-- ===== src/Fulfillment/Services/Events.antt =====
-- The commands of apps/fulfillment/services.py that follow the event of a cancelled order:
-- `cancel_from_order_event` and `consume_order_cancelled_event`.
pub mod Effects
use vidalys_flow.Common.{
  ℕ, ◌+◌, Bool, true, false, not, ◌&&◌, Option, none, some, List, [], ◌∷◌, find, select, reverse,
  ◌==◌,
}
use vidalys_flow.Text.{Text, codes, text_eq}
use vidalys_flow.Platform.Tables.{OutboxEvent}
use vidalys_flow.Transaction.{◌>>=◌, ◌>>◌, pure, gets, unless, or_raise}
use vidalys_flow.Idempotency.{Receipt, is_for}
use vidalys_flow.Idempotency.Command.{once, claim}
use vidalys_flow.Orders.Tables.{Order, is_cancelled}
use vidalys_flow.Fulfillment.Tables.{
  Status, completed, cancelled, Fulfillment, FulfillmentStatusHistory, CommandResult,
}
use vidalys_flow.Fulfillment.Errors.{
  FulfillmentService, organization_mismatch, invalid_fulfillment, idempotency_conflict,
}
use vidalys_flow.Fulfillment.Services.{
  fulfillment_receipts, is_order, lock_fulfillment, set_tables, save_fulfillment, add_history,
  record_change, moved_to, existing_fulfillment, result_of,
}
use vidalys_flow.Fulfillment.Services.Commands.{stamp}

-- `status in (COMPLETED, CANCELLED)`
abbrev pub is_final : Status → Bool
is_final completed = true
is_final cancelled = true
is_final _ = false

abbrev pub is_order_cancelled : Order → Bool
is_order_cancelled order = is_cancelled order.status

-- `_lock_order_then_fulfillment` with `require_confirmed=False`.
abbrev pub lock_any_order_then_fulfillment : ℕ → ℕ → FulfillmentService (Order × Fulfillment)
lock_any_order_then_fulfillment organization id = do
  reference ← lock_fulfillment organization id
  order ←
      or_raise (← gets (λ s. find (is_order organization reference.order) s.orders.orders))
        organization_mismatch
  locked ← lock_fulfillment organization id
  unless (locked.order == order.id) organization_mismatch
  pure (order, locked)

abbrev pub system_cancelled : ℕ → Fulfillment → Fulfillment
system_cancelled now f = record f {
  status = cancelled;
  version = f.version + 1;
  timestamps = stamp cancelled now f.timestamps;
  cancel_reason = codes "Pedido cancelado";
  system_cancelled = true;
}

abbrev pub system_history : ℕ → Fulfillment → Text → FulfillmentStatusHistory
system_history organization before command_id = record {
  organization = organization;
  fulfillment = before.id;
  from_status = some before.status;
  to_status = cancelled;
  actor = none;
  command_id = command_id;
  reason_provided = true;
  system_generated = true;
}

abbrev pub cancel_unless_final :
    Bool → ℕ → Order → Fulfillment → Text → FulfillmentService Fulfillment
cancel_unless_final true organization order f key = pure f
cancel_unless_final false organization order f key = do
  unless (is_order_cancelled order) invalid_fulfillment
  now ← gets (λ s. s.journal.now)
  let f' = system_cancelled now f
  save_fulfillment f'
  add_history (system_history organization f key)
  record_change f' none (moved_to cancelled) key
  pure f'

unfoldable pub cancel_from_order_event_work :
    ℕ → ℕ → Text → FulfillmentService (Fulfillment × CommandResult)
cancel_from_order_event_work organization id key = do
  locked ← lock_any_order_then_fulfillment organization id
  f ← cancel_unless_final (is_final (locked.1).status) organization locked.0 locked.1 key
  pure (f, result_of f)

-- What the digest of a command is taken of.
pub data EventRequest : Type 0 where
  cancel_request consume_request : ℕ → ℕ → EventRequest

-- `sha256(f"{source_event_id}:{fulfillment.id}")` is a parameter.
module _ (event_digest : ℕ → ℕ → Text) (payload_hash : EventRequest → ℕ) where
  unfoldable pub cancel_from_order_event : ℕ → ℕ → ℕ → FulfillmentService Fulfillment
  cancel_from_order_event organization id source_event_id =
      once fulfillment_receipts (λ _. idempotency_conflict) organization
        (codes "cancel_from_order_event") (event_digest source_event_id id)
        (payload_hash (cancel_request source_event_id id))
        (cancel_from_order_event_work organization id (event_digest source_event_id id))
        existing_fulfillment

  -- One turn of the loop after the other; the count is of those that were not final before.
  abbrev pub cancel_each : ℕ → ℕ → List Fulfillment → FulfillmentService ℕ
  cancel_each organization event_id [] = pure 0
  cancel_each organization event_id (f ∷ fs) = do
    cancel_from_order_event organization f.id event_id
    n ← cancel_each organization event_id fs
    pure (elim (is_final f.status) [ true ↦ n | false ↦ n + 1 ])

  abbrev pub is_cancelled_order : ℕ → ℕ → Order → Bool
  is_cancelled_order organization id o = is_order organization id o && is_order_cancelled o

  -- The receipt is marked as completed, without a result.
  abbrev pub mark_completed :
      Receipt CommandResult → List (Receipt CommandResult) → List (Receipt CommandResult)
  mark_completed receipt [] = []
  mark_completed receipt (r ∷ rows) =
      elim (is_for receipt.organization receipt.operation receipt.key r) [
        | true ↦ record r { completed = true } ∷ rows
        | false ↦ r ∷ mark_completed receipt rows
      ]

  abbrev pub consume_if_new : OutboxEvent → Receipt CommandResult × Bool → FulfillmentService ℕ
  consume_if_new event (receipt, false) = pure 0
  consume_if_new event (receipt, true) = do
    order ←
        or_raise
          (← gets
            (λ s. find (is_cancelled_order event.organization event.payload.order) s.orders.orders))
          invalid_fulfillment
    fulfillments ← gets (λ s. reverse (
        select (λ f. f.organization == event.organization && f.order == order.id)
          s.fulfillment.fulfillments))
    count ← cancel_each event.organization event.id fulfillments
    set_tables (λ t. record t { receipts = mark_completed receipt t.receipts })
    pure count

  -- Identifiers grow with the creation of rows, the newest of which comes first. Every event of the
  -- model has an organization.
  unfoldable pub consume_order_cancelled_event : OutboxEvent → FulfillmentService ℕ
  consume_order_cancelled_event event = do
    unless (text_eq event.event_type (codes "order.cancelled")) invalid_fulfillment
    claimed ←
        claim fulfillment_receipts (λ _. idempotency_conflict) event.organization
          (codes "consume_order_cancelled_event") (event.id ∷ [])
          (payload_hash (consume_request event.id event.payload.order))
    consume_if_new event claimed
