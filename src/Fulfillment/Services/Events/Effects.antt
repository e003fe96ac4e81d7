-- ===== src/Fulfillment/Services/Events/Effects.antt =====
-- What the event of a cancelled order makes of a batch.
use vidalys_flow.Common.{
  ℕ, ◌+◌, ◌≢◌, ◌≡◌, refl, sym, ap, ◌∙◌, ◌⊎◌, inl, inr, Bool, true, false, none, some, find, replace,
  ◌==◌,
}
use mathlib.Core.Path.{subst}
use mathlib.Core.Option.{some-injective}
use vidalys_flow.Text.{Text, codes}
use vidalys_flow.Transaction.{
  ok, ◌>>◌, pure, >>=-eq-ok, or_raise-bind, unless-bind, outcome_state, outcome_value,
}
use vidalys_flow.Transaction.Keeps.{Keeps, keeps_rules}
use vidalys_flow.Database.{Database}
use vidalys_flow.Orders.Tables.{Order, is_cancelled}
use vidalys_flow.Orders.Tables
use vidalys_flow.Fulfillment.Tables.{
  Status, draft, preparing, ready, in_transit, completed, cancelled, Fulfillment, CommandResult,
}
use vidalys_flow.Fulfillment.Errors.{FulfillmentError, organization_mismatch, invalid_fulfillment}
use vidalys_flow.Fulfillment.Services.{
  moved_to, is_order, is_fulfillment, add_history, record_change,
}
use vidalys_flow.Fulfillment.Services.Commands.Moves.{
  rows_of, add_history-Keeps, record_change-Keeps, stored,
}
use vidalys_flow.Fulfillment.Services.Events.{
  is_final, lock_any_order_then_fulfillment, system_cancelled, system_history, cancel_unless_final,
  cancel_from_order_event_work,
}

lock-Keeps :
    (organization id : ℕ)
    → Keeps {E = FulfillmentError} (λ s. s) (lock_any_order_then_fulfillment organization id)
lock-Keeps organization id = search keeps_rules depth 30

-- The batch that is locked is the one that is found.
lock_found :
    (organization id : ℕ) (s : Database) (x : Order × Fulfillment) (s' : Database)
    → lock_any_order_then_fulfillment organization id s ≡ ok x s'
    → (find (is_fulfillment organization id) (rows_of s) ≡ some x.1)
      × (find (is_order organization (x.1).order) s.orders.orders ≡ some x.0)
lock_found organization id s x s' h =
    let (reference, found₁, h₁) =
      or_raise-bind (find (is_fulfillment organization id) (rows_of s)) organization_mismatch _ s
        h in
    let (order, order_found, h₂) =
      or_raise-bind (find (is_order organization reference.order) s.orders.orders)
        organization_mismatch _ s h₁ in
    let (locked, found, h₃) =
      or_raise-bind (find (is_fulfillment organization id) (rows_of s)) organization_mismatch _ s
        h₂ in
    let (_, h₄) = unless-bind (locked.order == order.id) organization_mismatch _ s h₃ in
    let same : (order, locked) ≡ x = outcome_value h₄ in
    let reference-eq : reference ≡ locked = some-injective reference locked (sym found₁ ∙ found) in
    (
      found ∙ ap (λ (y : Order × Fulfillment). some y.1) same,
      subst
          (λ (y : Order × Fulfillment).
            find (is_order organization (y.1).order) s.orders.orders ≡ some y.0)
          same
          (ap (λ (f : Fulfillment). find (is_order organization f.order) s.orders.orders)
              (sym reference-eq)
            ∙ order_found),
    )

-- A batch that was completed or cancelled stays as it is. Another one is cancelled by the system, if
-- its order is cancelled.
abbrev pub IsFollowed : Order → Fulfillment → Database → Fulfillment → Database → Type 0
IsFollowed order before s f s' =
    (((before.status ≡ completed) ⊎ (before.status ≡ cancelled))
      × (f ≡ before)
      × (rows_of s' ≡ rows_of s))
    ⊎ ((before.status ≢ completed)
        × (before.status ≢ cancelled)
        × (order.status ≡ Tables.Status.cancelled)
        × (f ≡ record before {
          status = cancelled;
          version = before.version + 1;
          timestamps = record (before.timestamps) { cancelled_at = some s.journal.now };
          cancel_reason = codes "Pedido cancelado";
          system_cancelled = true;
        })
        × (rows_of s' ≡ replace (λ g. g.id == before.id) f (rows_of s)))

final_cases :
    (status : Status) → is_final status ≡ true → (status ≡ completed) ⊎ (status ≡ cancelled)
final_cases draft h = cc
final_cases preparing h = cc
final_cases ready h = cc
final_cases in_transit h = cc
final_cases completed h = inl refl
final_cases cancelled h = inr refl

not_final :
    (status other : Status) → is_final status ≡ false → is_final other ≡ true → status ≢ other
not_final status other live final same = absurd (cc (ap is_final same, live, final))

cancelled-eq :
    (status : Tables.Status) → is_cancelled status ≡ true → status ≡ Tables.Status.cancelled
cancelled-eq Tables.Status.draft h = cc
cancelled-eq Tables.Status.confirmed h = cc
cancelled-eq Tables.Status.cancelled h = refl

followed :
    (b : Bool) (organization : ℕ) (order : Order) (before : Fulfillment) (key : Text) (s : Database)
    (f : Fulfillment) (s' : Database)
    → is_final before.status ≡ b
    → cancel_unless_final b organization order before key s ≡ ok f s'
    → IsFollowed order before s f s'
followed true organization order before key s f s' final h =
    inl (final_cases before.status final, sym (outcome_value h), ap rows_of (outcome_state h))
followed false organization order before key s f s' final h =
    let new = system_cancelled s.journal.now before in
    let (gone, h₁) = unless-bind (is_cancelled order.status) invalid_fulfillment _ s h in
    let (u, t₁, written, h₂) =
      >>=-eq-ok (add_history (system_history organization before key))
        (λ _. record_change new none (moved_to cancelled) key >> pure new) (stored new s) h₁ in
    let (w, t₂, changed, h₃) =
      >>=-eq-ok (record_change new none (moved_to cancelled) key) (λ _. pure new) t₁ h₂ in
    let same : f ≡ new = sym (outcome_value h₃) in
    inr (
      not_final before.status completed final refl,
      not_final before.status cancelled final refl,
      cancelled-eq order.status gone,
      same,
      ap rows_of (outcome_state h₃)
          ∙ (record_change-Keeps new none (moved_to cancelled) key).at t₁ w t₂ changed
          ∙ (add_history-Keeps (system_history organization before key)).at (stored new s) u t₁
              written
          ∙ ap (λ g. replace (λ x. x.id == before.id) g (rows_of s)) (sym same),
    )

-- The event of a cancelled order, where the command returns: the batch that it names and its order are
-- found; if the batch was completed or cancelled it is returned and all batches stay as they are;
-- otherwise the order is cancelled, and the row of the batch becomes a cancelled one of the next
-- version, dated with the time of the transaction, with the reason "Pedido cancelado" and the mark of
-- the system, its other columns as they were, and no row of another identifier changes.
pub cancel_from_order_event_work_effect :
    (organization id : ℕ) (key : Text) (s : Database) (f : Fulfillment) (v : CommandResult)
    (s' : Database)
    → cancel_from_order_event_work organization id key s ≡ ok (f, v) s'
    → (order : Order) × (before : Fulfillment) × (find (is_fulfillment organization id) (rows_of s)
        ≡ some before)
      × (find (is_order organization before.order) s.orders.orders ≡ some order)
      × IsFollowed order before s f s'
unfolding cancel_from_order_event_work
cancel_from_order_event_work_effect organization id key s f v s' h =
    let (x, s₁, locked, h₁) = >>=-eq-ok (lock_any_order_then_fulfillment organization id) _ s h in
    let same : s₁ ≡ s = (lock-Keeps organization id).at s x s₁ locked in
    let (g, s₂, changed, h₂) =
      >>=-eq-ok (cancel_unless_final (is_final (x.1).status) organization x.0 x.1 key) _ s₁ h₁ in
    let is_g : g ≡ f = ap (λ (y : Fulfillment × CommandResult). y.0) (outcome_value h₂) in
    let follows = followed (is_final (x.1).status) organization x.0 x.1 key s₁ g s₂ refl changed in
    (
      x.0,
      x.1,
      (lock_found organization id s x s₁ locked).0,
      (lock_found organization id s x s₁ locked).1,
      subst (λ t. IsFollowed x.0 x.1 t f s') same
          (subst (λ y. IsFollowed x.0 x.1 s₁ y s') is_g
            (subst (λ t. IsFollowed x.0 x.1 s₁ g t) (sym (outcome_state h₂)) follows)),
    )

__________

■ Problem details
Starting at the line that has "ap rows_of (outcome_state h₃)" in the records above, restate word for word every line until the one that has "unfolding cancel_from_order_event_work", and include that one as well.

■ Task response
      ap rows_of (outcome_state h₃)
          ∙ (record_change-Keeps new none (moved_to cancelled) key).at t₁ w t₂ changed
          ∙ (add_history-Keeps (system_history organization before key)).at (stored new s) u t₁
              written
          ∙ ap (λ g. replace (λ x. x.id == before.id) g (rows_of s)) (sym same),
    )

-- The event of a cancelled order, where the command returns: the batch that it names and its order are
-- found; if the batch was completed or cancelled it is returned and all batches stay as they are;
-- otherwise the order is cancelled, and the row of the batch becomes a cancelled one of the next
-- version, dated with the time of the transaction, with the reason "Pedido cancelado" and the mark of
-- the system, its other columns as they were, and no row of another identifier changes.
pub cancel_from_order_event_work_effect :
    (organization id : ℕ) (key : Text) (s : Database) (f : Fulfillment) (v : CommandResult)
    (s' : Database)
    → cancel_from_order_event_work organization id key s ≡ ok (f, v) s'
    → (order : Order) × (before : Fulfillment) × (find (is_fulfillment organization id) (rows_of s)
        ≡ some before)
      × (find (is_order organization before.order) s.orders.orders ≡ some order)
      × IsFollowed order before s f s'
unfolding cancel_from_order_event_work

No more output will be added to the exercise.